Copper also looks very good from a medium-to-long term. Electric vehicles are growing in popularity, and they’re thought to account for about 9.4 percent of copper demand by 2030. And the current level is 2.4 percent. So we are over the medium term expecting a good boost in copper prices. So you would expect dips in copper to find buyers in the medium term.
Another interesting commodity is nickel. According to Morgan Stanley, electric car sales are seen to boost nickel the most of all the commodities used in producing an electric vehicle. So they predict that over the next five to 10 years there’s going to be a heavy investment in nickel mining, and a greater demand for nickel itself. So over the next five to 10 years, the commodity nickel could be a great investment.

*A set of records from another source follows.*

-- ===== src/ClusterConfig/Handlers.antt =====
-- internal/provider/resource_kafka_cluster_config.go: the resource and its handlers. A request's JSON is
-- for the log, and building it does not fail. The wait after a call is left out.
use terraform_provider_confl.Base.{
  Bool, true, false, not, ◌&&◌, Option, none, some, List, [], ◌∷◌, if◌then◌else◌,
}
use terraform_provider_confl.Http.{status_not_found, response_has_expected_status_code}
use terraform_provider_confl.Http.Descriptive.{ApiError}
use terraform_provider_confl.Wait.{Call}
use terraform_provider_confl.Kafka.{Text}
use terraform_provider_confl.Kafka.Settings.{
  Provider, Blocks, Environment, extract_rest_endpoint, extract_cluster_api_key_and_api_secret,
}
use terraform_provider_confl.Kafka.AclHandlers.{KafkaRestClient, set_blocks}
use terraform_provider_confl.Kafka.Clients.{
  create_kafka_rest_client, if_given, with_kafka_rest_client,
}
use terraform_provider_confl.Topic.Configs.{TopicConfigs, config_of, ConfigEdit, put, RemoteConfig}

-- `schema.ResourceData`; the old value is that of the state.
pub record ConfigData : Type 0 where
  pub id : Text
  pub is_new_resource : Bool
  pub old_configs : TopicConfigs
  pub configs : TopicConfigs
  pub blocks : Blocks

-- The batches that have been sent to the cluster, the latest first.
abbrev pub ConfigLog : Type 0
ConfigLog = List (List ConfigEdit)

-- A call is answered by the batches before it, too.
pub record ConfigApi : Type 0 where
  pub list : ConfigLog → KafkaRestClient → Call (List RemoteConfig)
  pub update : ConfigLog → KafkaRestClient → List ConfigEdit → Call (Unit {0})

pub data ConfigError : Type 0 where
  api : ApiError → ConfigError
  setting_missing only_some_can_be_updated reset_not_supported : ConfigError

-- The error that a handler reports, the batches that it has sent, and the data as it leaves it.
abbrev pub ConfigHandled : Type 0
ConfigHandled = Option ConfigError × ConfigLog × ConfigData

unfoldable pub with_config_client :
    Environment
    → Provider
    → ConfigLog
    → ConfigData
    → (KafkaRestClient → ConfigHandled)
    → ConfigHandled
unfolding with_kafka_rest_client
with_config_client env client log d next =
    with_kafka_rest_client env client d.blocks (some setting_missing, log, d) next

-- Every setting is sent with its value, whether it has changed or not.
unfoldable pub extract_cluster_configs : TopicConfigs → List ConfigEdit
extract_cluster_configs [] = []
extract_cluster_configs ((name, value) ∷ configs) = put name value ∷ extract_cluster_configs configs

unfoldable pub convert_kafka_config_to_map : List RemoteConfig → TopicConfigs
convert_kafka_config_to_map [] = []
convert_kafka_config_to_map (r ∷ configs) =
    let rest = convert_kafka_config_to_map configs in
    elim r.value [ none ↦ rest | some value ↦ (r.name, value) ∷ rest ]

-- No setting of the old ones is missing among the new ones.
unfoldable pub none_removed : (new_configs old_configs : TopicConfigs) → Bool
unfolding config_of
none_removed new_configs [] = true
none_removed new_configs ((name, value) ∷ old_configs) =
    let rest = none_removed new_configs old_configs in
    elim (config_of name new_configs) [ none ↦ false | some v ↦ rest ]

module _ (world : ConfigApi) (env : Environment) (client : Provider) where
  unfoldable pub read_config_and_set_attributes :
      ConfigLog → KafkaRestClient → ConfigData → ConfigHandled
  unfolding response_has_expected_status_code convert_kafka_config_to_map set_blocks
  read_config_and_set_attributes log c d =
      let kafka_config = world.list log c in
      elim kafka_config.err [
        | some err ↦
            if response_has_expected_status_code kafka_config.resp status_not_found
              && not d.is_new_resource
            then (none, log, record d { id = [] })
            else (some (api err), log, d)
        | none ↦ (
          none,
          log,
          record d {
            id = c.cluster_id;
            configs = convert_kafka_config_to_map kafka_config.value;
            blocks = set_blocks client c d.blocks;
          },
        )
      ]

  unfoldable pub kafka_config_read : ConfigLog → ConfigData → ConfigHandled
  unfolding with_config_client read_config_and_set_attributes
  kafka_config_read log d =
      with_config_client env client log d (λ c. read_config_and_set_attributes log c d)

  -- A batch with every setting, and what follows it.
  unfoldable pub send_cluster_configs :
      (after : ConfigLog → KafkaRestClient → ConfigHandled)
      → ConfigLog
      → ConfigData
      → KafkaRestClient
      → ConfigHandled
  unfolding extract_cluster_configs
  send_cluster_configs after log d c =
      let edits = extract_cluster_configs d.configs in
      elim (world.update log c edits).err [
        | some err ↦ (some (api err), edits ∷ log, d)
        | none ↦ after (edits ∷ log) c
      ]

  unfoldable pub kafka_config_create : ConfigLog → ConfigData → ConfigHandled
  unfolding with_config_client send_cluster_configs kafka_config_read
  kafka_config_create log d = with_config_client env client log d (
      send_cluster_configs (λ after c. kafka_config_read after (record d { id = c.cluster_id })) log
        d)

  -- The settings are not reset.
  unfoldable pub kafka_config_delete : ConfigLog → ConfigData → ConfigHandled
  kafka_config_delete log d = (none, log, d)

  unfoldable pub kafka_config_import : ConfigLog → ConfigData → ConfigHandled
  unfolding extract_rest_endpoint extract_cluster_api_key_and_api_secret
      read_config_and_set_attributes
  kafka_config_import log d =
      if_given (some setting_missing, log, d) (extract_rest_endpoint env client d.blocks true)
        (λ rest_endpoint.
          if_given (some setting_missing, log, d)
            (extract_cluster_api_key_and_api_secret env client d.blocks true)
            (λ credentials.
              read_config_and_set_attributes log
                (create_kafka_rest_client client rest_endpoint d.id credentials)
                (record d { is_new_resource = true })))

  -- `others` and `configs` say what the SDK says has changed; `others` leaves out the credentials.
  unfoldable pub kafka_config_update :
      (others configs : Bool) → ConfigLog → ConfigData → ConfigHandled
  unfolding none_removed with_config_client send_cluster_configs kafka_config_read
  kafka_config_update others configs log d =
      if others
      then (some only_some_can_be_updated, log, d)
      else if not configs
      then kafka_config_read log d
      else if not (none_removed d.configs d.old_configs)
      then (some reset_not_supported, log, d)
      else with_config_client env client log d
          (send_cluster_configs (λ after c. kafka_config_read after d) log d)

World Finance: And how about currency trades?
Giles Coghlan: Well I think the currencies that you’d expect to benefit from this environment are currencies that are pro-cyclical in growth. So, typically the Australian dollar and the New Zealand dollar would benefit from a boost in commodity prices. If the US dollar weakens, that would further benefit the Antipodean currencies like the Australian dollar and the New Zealand dollar. And perhaps an AUD/JPY long, or a NZD/JPY long, could be a great trade over the medium to longer term, as we come out of this medical crisis.